Heritage New Zealand – Category 2
- Official name: Takahanga
- Designated: 2 June 1994
- Reference no.: 5962

= Takahanga Marae =

Marae in Kaikōura, New Zealand

Takahanga Marae is a marae of the Ngāti Kuri hapū of Ngāi Tahu in Kaikōura, in the South Island of New Zealand. The marae was built in the 1980s on the site of a historic pā that existed prior to European colonisation. The current marae opened in 1992, though the site has been occupied by Māori for around 450 years.

== History ==
===Early history===
The site on which the marae was built has been occupied for over 450 years. It was originally a pā site for Kāti Māmoe, and later became occupied by Ngāti Kuri of Ngāi Tahu.

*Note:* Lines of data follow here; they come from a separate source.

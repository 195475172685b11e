-- ===== src/Backoff.antt =====
-- src/cq_backoff.c: exponential poll backoff. `long` has the 32 bits of the Mac OS 9 target; where a
-- signed product or sum leaves them the model wraps, which C leaves undefined and the overflow
-- guard of `cq_backoff_fail` expects.
pub mod Bounds
mod Tests
use casquinha.Prelude.{ℕ, ◌+◌, ◌*◌, ◌%◌, ◌^◌, if◌then◌else◌}
use casquinha.Prelude.Int.{ℤ, pos, pos_part, ltb_ℤ, ◌+ℤ◌, ◌*ℤ◌, wrap32, quot}

-- `cq_backoff`
pub record Backoff : Type 0 where
  pub base : ℤ
  pub cap : ℤ
  pub current : ℤ

-- `cq_backoff_init`
pub init : ℤ → ℤ → Backoff
init base cap =
    let base' = if ltb_ℤ base (pos 1) then pos 1 else base in
    let cap' = if ltb_ℤ cap base' then base' else cap in
    record { base = base'; cap = cap'; current = base' }

-- `cq_backoff_interval`
unfoldable pub interval : Backoff → ℤ
interval b = b.current

-- `unsigned long mix = seed * 2654435761UL + 40503UL`
unfoldable pub mix : ℕ → ℕ
mix seed = (seed * 2654435761 + 40503) % 2 ^ 32

-- `cq_backoff_interval_seeded`; `(unsigned long)(span + 1)` is taken of a positive span.
unfoldable pub interval_seeded : Backoff → ℕ → ℤ
interval_seeded b seed =
    let span = quot b.current 4 in
    if ltb_ℤ span (pos 1)
    then b.current
    else wrap32 (b.current +ℤ pos (mix seed % (pos_part span + 1)))

-- `cq_backoff_ok`
unfoldable pub ok : Backoff → Backoff
ok b = record b { current = b.base }

-- `cq_backoff_fail`
unfoldable pub fail : Backoff → Backoff
unfolding ◌*ℤ◌
fail b =
    let doubled = wrap32 (b.current *ℤ pos 2) in
    let capped = if ltb_ℤ b.cap doubled then b.cap else doubled in
    let next = if ltb_ℤ capped b.current then b.cap else capped in record b { current = next }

After attacks by Te Rauparaha in the 1820s, the Māori population at Kaikōura was largely displaced, with around 1,400 (from a population of around 3,000 or 4,000) taken back to Kapiti Island as slaves. Many returned to live at Takahanga when they were eventually released during the late 1830s. During the late 1870s, most of the residents moved to Mangamaunu Pa at the mouth of the Hāpuku River after a fire destroyed much of the village. For 20 years the land at Takahanga was leased for grazing, before the Kaikoura County Council moved to acquire the land from the Māori. Land at Mangamaunu was exchanged for the land at Takahanga, and Takahanga came under the control of the Kaikoura Domain Board in 1901.

===Modern history===
In 1975 the 0.4 hectare of land at Takahanga was vested as a historic reserve. Around the same time, efforts began to establish a marae on the site. During the 1980s, local iwi were instrumental in establishing whale watching tourism in Kaikōura, in part to raise funds for the establishment of the marae. The marae officially opened in 1992.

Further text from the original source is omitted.